I doubt that the mount could be off that much. When I have seen this it’s usually do to something in the imaging train getting loose and rotating.

When you say “Cone Error", I am assuming you mean cone error in the mount's orthogonality. Un-orthogonality in a mount will cause bad star alignment when the mount is flipped. You can test this by simply looking through an eyepiece visually after the mount is flipped. Plate Solving usually solves this problem and re-adjust the star alignment.

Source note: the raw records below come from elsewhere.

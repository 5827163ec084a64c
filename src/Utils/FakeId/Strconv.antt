-- ===== src/Utils/FakeId/Strconv.antt =====
-- utils/yl_hash_id.go: the text of a number reads back as the number.
use mathlib.Core.List.{map}
use native.Mathlib.Nat.{pow-suc}
use zhiya.Prelude.{
  ℕ, zero, suc, ◌+◌, ◌*◌, ◌/◌, ◌%◌, ◌^◌, ◌<◌, ◌≡◌, refl, some, ap, ◌∙◌, if◌then◌else◌, List, [],
  ◌∷◌, inl, inr, arith, ltb, Bool-cases, ltb→lt,
}
use zhiya.Utils.FakeId.Base36.{
  u64_mod, int64_min, digit_char, format_bits, format_int, to_upper, digit_value, parse_digits,
  parse_uint,
}

digit_value-digit_char : (d : ℕ) → d < 36 → digit_value (to_upper (digit_char d)) ≡ some d
unfolding digit_value to_upper digit_char
digit_value-digit_char d h = ground arith

-- One digit read: the value so far stays in the range of a uint64.
parse_digits-digit :
    (n d : ℕ) (cs : List ℕ)
    → d < 36
    → n * 36 + d < u64_mod
    → parse_digits n (to_upper (digit_char d) ∷ cs) ≡ parse_digits (n * 36 + d) cs
unfolding parse_digits
parse_digits-digit n d cs h fits = rw (digit_value-digit_char d h, parse_digits) (ground arith)

div_below : (f n : ℕ) → n < 36 ^ suc f → n / 36 < 36 ^ f
div_below f n h = omega (arith, pow-suc 36 f)

parse_digits-format_bits :
    (f n : ℕ) (acc : List ℕ)
    → n < 36 ^ f
    → n < u64_mod
    → parse_digits 0 (map to_upper (format_bits f n acc)) ≡ parse_digits n (map to_upper acc)
unfolding format_bits
parse_digits-format_bits zero n acc h fits = let e : n ≡ 0 = omega arith in rw e
parse_digits-format_bits (suc f) n acc h fits = elim (Bool-cases (ltb n 36)) [
  | inl small ↦ rw small (
      parse_digits-digit 0 n (map to_upper acc) (ltb→lt n 36 small) (omega arith)
      ∙ ap (λ k. parse_digits k (map to_upper acc)) (omega arith))
  | inr large ↦ rw large (
      parse_digits-format_bits f (n / 36) (digit_char (n % 36) ∷ acc) (div_below f n h)
        (omega arith)
      ∙ parse_digits-digit (n / 36) (n % 36) (map to_upper acc) (omega arith) (omega arith)
      ∙ ap (λ k. parse_digits k (map to_upper acc)) (omega arith))
]

parse_uint-parse_digits : (cs : List ℕ) → parse_uint cs ≡ parse_digits 0 cs
unfolding parse_uint
parse_uint-parse_digits [] = refl
parse_uint-parse_digits (c ∷ cs) = refl

-- A nonnegative int64 reads back; `-` is no digit of a uint64, and a negative one reads as 0.
pub parse_uint-format_int :
    (u : ℕ)
    → u < u64_mod
    → parse_uint (map to_upper (format_int u)) ≡ (if ltb u int64_min then u else 0)
unfolding format_int parse_digits
parse_uint-format_int u h = elim (Bool-cases (ltb u int64_min)) [
  | inl low ↦ rw (parse_uint-parse_digits, low) (parse_digits-format_bits 13 u [] (omega arith) h)
  | inr high ↦ rw (parse_uint-parse_digits, high) (unfold parse_digits to_upper in refl)
]
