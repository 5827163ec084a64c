-- ===== src/Utils/FakeId/RoundTrip.antt =====
-- utils/yl_hash_id.go: `FakeIdDecode` inverts `FakeIdEncode` on the numbers below 2 ^ 50, and on no
-- other.
use mathlib.Core.List.{map}
use zhiya.Prelude.{
  ℕ, zero, suc, ◌+◌, ◌*◌, ◌/◌, ◌%◌, ◌^◌, ◌<◌, ◌≡◌, ◌↔◌, refl, ap, ap₂, ◌∙◌, List, [], ◌∷◌, arith,
  ltb, lt→ltb, ltb→lt, inl, inr, if◌then◌else◌, ◌==◌, Bool-cases,
}
use zhiya.Prelude.Bits.{bit_and_255, bit_and_15, bit_and_32767}
use zhiya.Utils.FakeId.Base36.{u64_mod, int64_min, format_int, to_upper, parse_uint}
use zhiya.Utils.FakeId.Mixed.{IsMixed, mix-IsMixed}
use zhiya.Utils.FakeId.Strconv.{parse_uint-format_int}
use zhiya.Utils.FakeId.{
  shr, mix, version, set_version, get_version, demix_loop, demix, seventy_four, fake_id_encode,
  fake_id_decode,
}

-- `set_version` of a number that fits, without overflow: an int64 that is not negative.
set_version_lem : (m : ℕ) → m < 2 ^ 59 → set_version version m ≡ m / 256 * 4096 + 256 + m % 256
unfolding set_version
set_version_lem m h = omega (arith, bit_and_255 m)

get_version-version : (m : ℕ) → m < 2 ^ 59 → (get_version (m / 256 * 4096 + 256 + m % 256)).0 ≡ 1
unfolding get_version
get_version-version m h = omega (arith, bit_and_15 (shr (m / 256 * 4096 + 256 + m % 256) 8))

get_version-mixed : (m : ℕ) → m < 2 ^ 59 → (get_version (m / 256 * 4096 + 256 + m % 256)).1 ≡ m
unfolding get_version
get_version-mixed m h = omega (arith, bit_and_255 (m / 256 * 4096 + 256 + m % 256))

-- The loop of `demix` over the four groups of a 60-bit number.
demix_groups : ℕ → ℕ
demix_groups m =
    m % 32768
    + m / 2 ^ 18 % 32768 * 2 ^ 15
    + m / 2 ^ 36 % 32768 * 2 ^ 30
    + m / 2 ^ 54 % 32768 * 2 ^ 45

demix_loop-demix_groups : (m : ℕ) → m < 2 ^ 60 → demix_loop 4 m 0 0 ≡ demix_groups m
unfolding demix_loop demix_groups
demix_loop-demix_groups m h = ground (
  arith,
  bit_and_32767 m,
  bit_and_32767 (m / 2 ^ 18),
  bit_and_32767 (m / 2 ^ 18 / 2 ^ 18),
  bit_and_32767 (m / 2 ^ 18 / 2 ^ 18 / 2 ^ 18),
)

demix_lem : (v m : ℕ) → m < 2 ^ 60 → get_version v ≡ (1, m) → demix v ≡ demix_groups m
unfolding demix
demix_lem v m h e = rw (e, demix) (demix_loop-demix_groups m h)

IsMixed-demix_groups : (n m : ℕ) → n < 2 ^ 50 → IsMixed n m → demix_groups m ≡ n
unfolding demix_groups
IsMixed-demix_groups n m h x = omega (arith, x.low, x.second, x.third, x.top)

-- `demix` undoes `mix` and `setVersion` below 2 ^ 50.
demix-mix : (n : ℕ) → 0 < n → n < 2 ^ 50 → demix (set_version version (mix n)) ≡ n
demix-mix n pos h =
    let x = mix-IsMixed n pos h in
    rw (set_version_lem (mix n) x.fits) (
      demix_lem _ (mix n) (omega (arith, x.fits)) (
        ap₂ (λ a b. (a, b)) (get_version-version (mix n) x.fits) (get_version-mixed (mix n) x.fits))
      ∙ IsMixed-demix_groups n (mix n) h x)

-- Whatever the number, what is encoded has version 1.
set_version-lt : (m : ℕ) → set_version version m < u64_mod
unfolding set_version
set_version-lt m = omega arith

version_read : (m : ℕ) → (get_version (set_version version m)).0 ≡ 1
unfolding set_version get_version
version_read m = omega (arith, bit_and_255 m, bit_and_15 (shr (set_version version m) 8))

mixed_read-lt : (v : ℕ) → v < int64_min → (get_version v).1 < 2 ^ 59
unfolding get_version
mixed_read-lt v h = omega (arith, bit_and_255 v)

demix_groups-lt : (m : ℕ) → m < 2 ^ 59 → demix_groups m < 2 ^ 50
unfolding demix_groups
demix_groups-lt m h = omega arith

demix-lt : (m : ℕ) → set_version version m < int64_min → demix (set_version version m) < 2 ^ 50
demix-lt m h =
    let v = set_version version m in
    let fits = mixed_read-lt v h in
    rw
      (demix_lem v (get_version v).1 (omega (arith, fits))
        (ap (λ a. (a, (get_version v).1)) (version_read m)))
      (demix_groups-lt (get_version v).1 fits)

seventy_four-zero : demix (parse_uint seventy_four) ≡ 0
unfolding demix get_version parse_uint demix_loop
seventy_four-zero = refl

-- The texts that `FakeIdDecode` treats apart are those that stand for 0 anyway.
decode-demix : (s : List ℕ) → fake_id_decode s ≡ demix (parse_uint s)
unfolding fake_id_decode
decode-demix [] = unfold demix get_version parse_uint in refl
decode-demix (a ∷ b ∷ []) = ground (arith, seventy_four-zero)
decode-demix s = refl

-- What comes back from the encoding of a number other than 0.
decode-encode :
    (n : ℕ)
    → 0 < n
    → fake_id_decode (fake_id_encode n)
      ≡ demix
          (if ltb (set_version version (mix n)) int64_min then set_version version (mix n) else 0)
unfolding fake_id_encode
decode-encode n pos = elim (Bool-cases (n == 0)) [
  | inl z ↦ absurd (ground arith)
  | inr nonzero ↦ rw nonzero (
      decode-demix (map to_upper (format_int (set_version version (mix n))))
      ∙ ap demix (parse_uint-format_int (set_version version (mix n)) (set_version-lt (mix n))))
]

module _ (n : ℕ) (pos : 0 < n) where
  decoded-lt : fake_id_decode (fake_id_encode n) < 2 ^ 50
  decoded-lt =
      rw (decode-encode n pos) (elim (Bool-cases (ltb (set_version version (mix n)) int64_min)) [
        | inl low ↦ rw low (demix-lt (mix n) (ltb→lt _ _ low))
        | inr high ↦ rw high (unfold demix get_version demix_loop in omega arith)
      ])

  decoded-eq : n < 2 ^ 50 → fake_id_decode (fake_id_encode n) ≡ n
  decoded-eq h =
      let x = mix-IsMixed n pos h in
      let low =
        lt→ltb (set_version version (mix n)) int64_min
          (omega (arith, set_version_lem (mix n) x.fits, x.fits)) in
      rw (decode-encode n pos, low) (demix-mix n pos h)

decode-encode-zero : fake_id_decode (fake_id_encode 0) ≡ 0
unfolding fake_id_decode fake_id_encode
decode-encode-zero = refl

-- For every number, as a 64-bit pattern: decoding its encoding gives it back exactly when it is
-- below 2 ^ 50.
pub decode-encode_iff : (n : ℕ) → (fake_id_decode (fake_id_encode n) ≡ n) ↔ (n < 2 ^ 50)
decode-encode_iff zero = (λ _. omega arith, λ _. decode-encode-zero)
decode-encode_iff (suc n) =
    (λ e. omega (arith, e, decoded-lt (suc n) (omega arith)), decoded-eq (suc n) (omega arith))
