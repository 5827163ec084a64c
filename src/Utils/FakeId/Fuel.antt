-- ===== src/Utils/FakeId/Fuel.antt =====
-- utils/yl_hash_id.go: the loops of `mix` and `demix` end.
use native.Mathlib.Nat.{pow-suc, pow-le-pow_right}
use zhiya.Prelude.{
  ℕ, zero, suc, ◌+◌, ◌-◌, ◌*◌, ◌^◌, ◌≤◌, ◌<◌, ◌≡◌, refl, true, false, inl, inr, arith, dec_lt, ltb,
}
use zhiya.Utils.FakeId.Base36.{u64_mod}
use zhiya.Utils.FakeId.Digits.{octal_digits-IsDigitCount}
use zhiya.Utils.FakeId.{
  mix_loop, demix_loop, octal_digits, group, shl, shr, sub64, add64, count_digits,
}
use Prim.Native.Nat.{bit_and}

-- The loops of the source, without fuel: a loop on these variables ends, and with this result.
pub data CountEnds : ℕ → ℕ → ℕ → Type 0 where
  stops : {ret digit r : ℕ} → ret ≡ 0 → r ≡ digit → CountEnds ret digit r
  goes_on :
      {ret digit r : ℕ} → 0 < ret → CountEnds (shr ret 3) (digit + 1) r → CountEnds ret digit r

pub data MixEnds (mix : ℕ) : ℕ → ℕ → ℕ → ℕ → ℕ → ℕ → Type 0 where
  stops : {md number digit i ret r : ℕ} → digit ≡ 0 → r ≡ ret → MixEnds mix md number digit i ret r
  goes_on :
      {md number digit i ret r : ℕ}
      → 0 < digit
      → MixEnds mix
          (sub64 md 1)
          (shr number 15)
          (digit - 5)
          (i + 18)
          (add64 ret (shl (group (sub64 md 1) number mix) i))
          r
      → MixEnds mix md number digit i ret r

pub data DemixEnds : ℕ → ℕ → ℕ → ℕ → Type 0 where
  stops : {number dig ret r : ℕ} → number ≡ 0 → r ≡ ret → DemixEnds number dig ret r
  goes_on :
      {number dig ret r : ℕ}
      → 0 < number
      → DemixEnds (shr number 18) (dig + 15) (add64 ret (shl (bit_and number 32767) dig)) r
      → DemixEnds number dig ret r

count_digits-CountEnds :
    (f ret digit : ℕ) → ret < 8 ^ f → CountEnds ret digit (count_digits f ret digit)
unfolding count_digits
count_digits-CountEnds zero ret digit h = CountEnds.stops (omega (arith, h)) refl
count_digits-CountEnds (suc f) ret digit h = elim (dec_lt 0 ret) [
  | yes p ↦
      let b : ltb 0 ret ≡ true = ground (arith, p) in
      rw (count_digits, b)
        (CountEnds.goes_on p
          (count_digits-CountEnds f (shr ret 3) (digit + 1) (omega (arith, h, pow-suc 8 f))))
  | no n ↦
      let b : ltb 0 ret ≡ false = ground (arith, n) in
      CountEnds.stops (omega (arith, n)) (rw (count_digits, b) refl)
]

mix_loop-MixEnds :
    (f md number mix digit i ret : ℕ)
    → digit ≤ 5 * f
    → MixEnds mix md number digit i ret (mix_loop f md number mix digit i ret)
unfolding mix_loop
mix_loop-MixEnds zero md number mix digit i ret h = MixEnds.stops (omega (arith, h)) refl
mix_loop-MixEnds (suc f) md number mix digit i ret h = elim (dec_lt 0 digit) [
  | yes p ↦
      let b : ltb 0 digit ≡ true = ground (arith, p) in
      rw (mix_loop, b)
        (MixEnds.goes_on p (
          mix_loop-MixEnds f (sub64 md 1) (shr number 15) mix (digit - 5) (i + 18)
            (add64 ret (shl (group (sub64 md 1) number mix) i)) (omega (arith, h))))
  | no n ↦
      let b : ltb 0 digit ≡ false = ground (arith, n) in
      MixEnds.stops (omega (arith, n)) (rw (mix_loop, b) refl)
]

demix_loop-DemixEnds :
    (f number dig ret : ℕ)
    → number < 262144 ^ f
    → DemixEnds number dig ret (demix_loop f number dig ret)
unfolding demix_loop
demix_loop-DemixEnds zero number dig ret h = DemixEnds.stops (omega (arith, h)) refl
demix_loop-DemixEnds (suc f) number dig ret h = elim (dec_lt 0 number) [
  | yes p ↦
      let b : ltb 0 number ≡ true = ground (arith, p) in
      rw (demix_loop, b)
        (DemixEnds.goes_on p (
          demix_loop-DemixEnds f (shr number 18) (dig + 15)
            (add64 ret (shl (bit_and number 32767) dig)) (omega (arith, h, pow-suc 262144 f))))
  | no n ↦
      let b : ltb 0 number ≡ false = ground (arith, n) in
      DemixEnds.stops (omega (arith, n)) (rw (demix_loop, b) refl)
]

digits_le : (n : ℕ) → n < u64_mod → octal_digits n ≤ 22
digits_le n h = elim (octal_digits-IsDigitCount n h).above [
  | inl none' ↦ omega arith
  | inr many ↦ elim (dec_lt 22 (octal_digits n)) [
    | yes more ↦ absurd (omega (arith, many, pow-le-pow_right {n = 8} (omega arith) more))
    | no few ↦ omega arith
  ]
]

-- For every uint64 the three loops of the source end: the one that counts the octal digits, that
-- over the groups, for any number of groups and check value, and that of the decoding. Their
-- results are those of the definitions, with 22, five and four rounds.
pub loops_end :
    (n md check : ℕ)
    → n < u64_mod
    → CountEnds n 0 (octal_digits n)
      × MixEnds check md n (octal_digits n) 0 0 (mix_loop 5 md n check (octal_digits n) 0 0)
      × DemixEnds n 0 0 (demix_loop 4 n 0 0)
unfolding octal_digits
loops_end n md check h =
    let few = digits_le n h in
    (
      count_digits-CountEnds 22 n 0 (omega (arith, h)),
      mix_loop-MixEnds 5 md n check (octal_digits n) 0 0 (omega (arith, few)),
      demix_loop-DemixEnds 4 n 0 0 (omega (arith, h)),
    )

Mount Un-orthogonality should not cause rotation. For that to happen there needs to be rotation in the optical axis. More likely, something is loose in the optical train and the weight distribution caused by a meridian flip is causing the camera or something in the optical axis to rotate.

Lynn K.

Lynn K · Apr 15, 2026, 03:23 PM
When you say “Cone Error", I am assuming you mean cone error in the mount's orthogonality. Un-orthogonality in a mount will cause bad star alignment when the mount is flipped. You can test this by simply looking through an eyepiece visually after the mount is flipped. Plate Solving usually solves this problem and re-adjust the star alignment.
Mount Un-orthogonality should not cause rotation. For that to happen there needs to be rotation in the optical axis. More likely, something is loose in the optical train and the weight distribution caused by a meridian flip is causing the camera or something in the optical axis to rotate.
Lynn K.

Thanks Lynn & Tony.

I don’t believe there was any rotation in the image train as the Pre and Post meridian flip images were both perfectly flat-corrected using the same flats as I have been using for many months now(as I have left the camera rotation unchanged).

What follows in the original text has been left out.